研究内容

太陽電池セルの高効率化、太陽電池モジュールの信頼性向上、屋外での実証評価まで一貫して研究しています。 太陽電池のセル・モジュール・屋外実証評価を一貫して研究できる大学は、新潟大学以外には、国内にはほとんどありません。
  • 太陽電池セル

  • 太陽電池モジュール(太陽電池パネル)

  • 屋外実証評価 鹿児島県工業技術センターに構築した本学の設備

紹介ポスターはこちらからダウンロードできます。

研究テーマ紹介

太陽電池セルの高効率化

シリコン系太陽電池のキャリア選択材料に関する研究

半導体デバイスには、p型半導体とn型半導体を接合したp-n接合や、金属や半導体を接合する金属-半導体接合といった多数の接合が存在しています。半導体材料そのものが高品質であることだけでなく、この接合界面の高品質化も半導体デバイスには大変重要です。下図は、ヘテロ接合型太陽電池と呼ばれる結晶シリコン(c-Si)太陽電池の構造であり、キャリアを効率的に電極まで収集するキャリア選択層が採用されています。
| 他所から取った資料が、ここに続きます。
-- ===== src/Static/Populate/Transpose.antt =====
-- The transposed vectors hold each next hop at the index of its destination.
use satgonetem.Base.{
  ℕ, zero, suc, ◌≡◌, Option, none, some, List, [], ◌∷◌, keys, AllDistinct, nat_eq,
}
use satgonetem.Static.Populate.{ShortestPaths}
use satgonetem.Static.Populate.Vectors.{hop_toward}

-- The graph library returns one path for each vertex.
abbrev pub OnePathEach : ShortestPaths → Type 0
OnePathEach shortest_paths =
    (dst : ℕ) (paths : List (ℕ × List ℕ))
    → shortest_paths dst ≡ some paths
    → AllDistinct (keys paths)

-- Which of the results of the graph library belongs to the destination at an index.
abbrev pub hop_at : ShortestPaths → List ℕ → ℕ → ℕ → Option ℕ
hop_at shortest_paths [] j src = none
hop_at shortest_paths (dst ∷ dsts) zero src = elim (shortest_paths dst) [
  | none ↦ none
  | some paths ↦ hop_toward dst paths src
]
hop_at shortest_paths (dst ∷ dsts) (suc j) src = hop_at shortest_paths dsts j src
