-- ===== src/Tests.antt =====
-- Concrete inputs for the theorems, in modules named for the programs' parts.
mod Addresses
mod Links
mod Flows
mod Hil
mod Launch
mod Lifecycle
mod Kernels
mod StaticRoutes
mod SegmentRoutes
mod Controller
mod RouteLines
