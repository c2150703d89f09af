-- ===== src/Tests/Addresses.antt =====
-- Addresses at concrete inputs (utils/ip_utils.py, models/interface.py).
use satgonetem.Base.{
  ℕ, ◌≡◌, ◌↔◌, refl, true, false, not, ltb, none, some, [], ◌∷◌, Text, codes, pos, text_eq, list_eq,
  nat_eq, ok, ◌>>=◌, arith, decimal, split, int_of_text, nat_beq, if◌then◌else◌,
}
use satgonetem.Emulator.{Interface, Heap, satellite}
use satgonetem.Address.{
  get_ipv4_address, quaddot, ipv4_to_binary, summarize_ipv4_address, is_valid_ipv4, value_from,
  padded, binary_fuel, link_addresses,
}
use satgonetem.Address.Allocation.{
  address_text, address_number, owner_number, satellite_kind, get_ipv4_address_lem,
}
use satgonetem.Address.Summary.{network, summarize_ipv4_address_lem, quaddot-ipv4_to_binary}
use satgonetem.Address.Distinct.{get_ipv4_address-distinct, side}
use satgonetem.Address.Networks.{summarize_ipv4_address-get_ipv4_address}
use satgonetem.Address.Assignment.{set_ip, set_ips_to_nodes}
use satgonetem.Address.Ends.{interface_name, kind_name, set_ips_to_nodes-ends}

get_ipv4_address_lem_example :
    get_ipv4_address (pos 5) (pos 9) (codes "Satellite") false
    ≡ ok (
      address_text (address_number (owner_number (codes "Satellite")) 5 false 9 (not (ltb 5 9))),
      address_text (address_number (owner_number (codes "Satellite")) 5 false 9 (ltb 5 9)),
    )
get_ipv4_address_lem_example =
    get_ipv4_address_lem (codes "Satellite") 5 9 false satellite_kind (omega arith) (omega arith)

get_ipv4_address_runs :
    get_ipv4_address (pos 5) (pos 9) (codes "Satellite") false
    ≡ ok (codes "128.10.0.76", codes "128.10.0.77")
unfolding get_ipv4_address link_addresses quaddot value_from padded binary_fuel decimal
    is_valid_ipv4 split int_of_text
get_ipv4_address_runs = refl

abbrev link_pair : Text × Text
link_pair = (codes "128.10.0.76", codes "128.10.0.77")

get_ipv4_address-distinct_example :
    (pos 5 ≡ pos 5)
    × (pos 9 ≡ pos 9)
    × (codes "Satellite" ≡ codes "Satellite")
    × (false ≡ false)
    × (true ≡ true)
get_ipv4_address-distinct_example =
    get_ipv4_address-distinct (pos 5) (pos 9) (pos 5) (pos 9) (codes "Satellite")
      (codes "Satellite") false false true true link_pair link_pair get_ipv4_address_runs
      get_ipv4_address_runs refl

summarize_ipv4_address_lem_example :
    summarize_ipv4_address (address_text 2148139084) 15 ≡ ok (address_text (network 15 2148139084))
summarize_ipv4_address_lem_example =
    summarize_ipv4_address_lem 2148139084 15 (omega arith) (omega arith)

quaddot-ipv4_to_binary_example :
    (ipv4_to_binary (address_text 2148139084) >>= quaddot) ≡ ok (address_text 2148139084)
quaddot-ipv4_to_binary_example = quaddot-ipv4_to_binary 2148139084 (omega arith)

summarize_ipv4_address-get_ipv4_address_example :
    (summarize_ipv4_address (side true link_pair) 15
      ≡ summarize_ipv4_address (side false link_pair) 15)
    ↔ ((pos 5 ≡ pos 5) × (codes "Satellite" ≡ codes "Satellite"))
summarize_ipv4_address-get_ipv4_address_example =
    summarize_ipv4_address-get_ipv4_address (pos 5) (pos 9) (pos 5) (pos 9) (codes "Satellite")
      (codes "Satellite") false false true false link_pair link_pair get_ipv4_address_runs
      get_ipv4_address_runs

abbrev plain : Text → ℕ → Interface
plain name peer = record {
  ipv4 = [];
  name = name;
  peer = some peer;
  is_monitored = false;
  is_active = true;
  previously_active = true;
  type = codes "InterSatelliteLink";
  delay = 3;
  mac_address = none;
}

unfoldable two_ends : Heap
two_ends = λ i.
    if nat_beq i 0
    then plain (interface_name satellite 5 9) 1
    else plain (interface_name satellite 9 5) 0

set_ips_to_nodes-ends_example :
    (p : Text × Text) × (get_ipv4_address (pos 5) (pos 9) (kind_name satellite) false ≡ ok p)
    × (set_ips_to_nodes two_ends (0 ∷ 1 ∷ []) ≡ (set_ip p.1 1 (set_ip p.0 0 two_ends), ok tt))
unfolding two_ends
set_ips_to_nodes-ends_example =
    set_ips_to_nodes-ends two_ends 0 1 satellite 5 9 (omega arith) (omega arith) refl refl refl refl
本研究室では、次世代太陽電池の要素技術とさらにその先の理想シリコン結晶太陽電池の基盤技術構築への貢献を目指し、キャリア選択材料とその界面制御技術についての基礎研究を実施しています。
キャリア選択構造を採用したシリコン系太陽電池 ナノ結晶シリコン/酸化シリコン複合膜
 

シリコンベースタンデム太陽電池に関する研究

太陽電池のエネルギー変換過程での損失

理論限界を打破し、変換効率を向上させるためには、多接合化(タンデム化)技術が重要です。 短波長光をバンドギャップの広いトップセル(ペロブスカイト太陽電池:日本で発明、ノーベル賞候補) 、長波長光をバンドギャップの狭いボトムセル(結晶シリコン太陽電池)で吸収します。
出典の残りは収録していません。